Previously, colleagues and I developed an approach for assessing wetland restoration sites using non-monetary benefit indicators (the Rapid Benefit Indicators, or RBI, Approach). It uses readily available data to estimate and quantify ecosystem services and benefits to people around an ecological restoration site. Our goal was to help managers balance tradeoffs among sites, particularly in more urban areas where restoration may not result in optimal ecological function, yet many people may benefit. We worked with a local watershed group—the Woonasquatucket River Watershed Council—to apply the approach to actual decisions, using structured decision-making methods.  I’m currently working with colleagues at ORD and at EPA’s Region 3 to apply the RBI approach within a decision support system that will support resilience decisions in the Chesapeake Bay watershed.

Overall, I hope that my work will help decision makers better understand the tradeoffs that they’re making and how the choices they make today affect both ecology and what people value as important.

If you could have dinner with any scientist, past or present, who would it be and what would you like to ask him or her?

I’d like to meet Sylvia Earle, an American oceanographer, because I think she has had a fascinating life and career, and because she speaks so eloquently and beautifully about the ocean. Also, she seems like a warm and interesting person. I would ask her about her vision for the ocean and our relationship with it. I would also ask about what it’s like to be in the deep ocean and how that has affected her life on land.

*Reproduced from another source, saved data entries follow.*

-- ===== src/Data.antt =====
-- data.c: dispatch data objects.
mod Defs
mod Bytes
pub mod Access
pub mod Regions
pub mod CopyRegion
pub mod Examples
pub mod Concat
pub mod Subrange
pub mod Mapping
unfoldable pub use Defs.*
unfoldable pub use Bytes.*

When did you first know you wanted to pursue science?

At first, I thought I wanted to be an oceanographer. After taking some science courses—the hard sciences—I realized that was not for me. Since I was kind of mathematically oriented, economics made sense instead, but that was the late 70s. At that time people who wanted to study economics went to business school or they went into investment banking and similar areas, but that did not interest me.

Then I discovered environmental economics and natural resource economics.  I could use my background to combine the different interests that I had—the environment and the ocean and coasts, paired with economics.

Photograph of Marisa Mazzotta

If you were not a scientist, what do you think you would be doing?

I would be growing vegetables, or participating in our local food movement. There is a ton of that going on here in Rhode Island. I love being outside and I love being in the dirt. And food! I love being able to go out to the front yard and pick a bunch of stuff to make dinner.

Tell us about your background.

After growing up in Connecticut, I moved to Rhode Island to study at Brown, and I've been here ever since. I did my graduate work at the University of Rhode Island, and my dissertation work was a really fun project out on the east end of Long Island for the Peconic Estuary Program. It was a survey of people's values for restoration or protection of different resources. It included wetlands, eelgrass, shellfishing areas, and farmland. I've used some of the information from that study on some preliminary work related to Narragansett Bay and people's uses and preferences related to clean water.

Do you have any advice for students considering a career in science?

I advise economics or other social science students to take some ecology or other science courses (and vice versa), because one of the big things is communication across disciplines.  We have different languages and different ways of looking at things.

I also suggest studying Geographic Information System (GIS).  More and more of what we’re doing is looking at how people and ecosystem services are distributed across the landscape, how they move across the landscape, and how land uses change the provision of ecosystem services and values.


Editor's Note: The opinions expressed herein are those of the researcher alone. EPA does not endorse the opinions or positions expressed.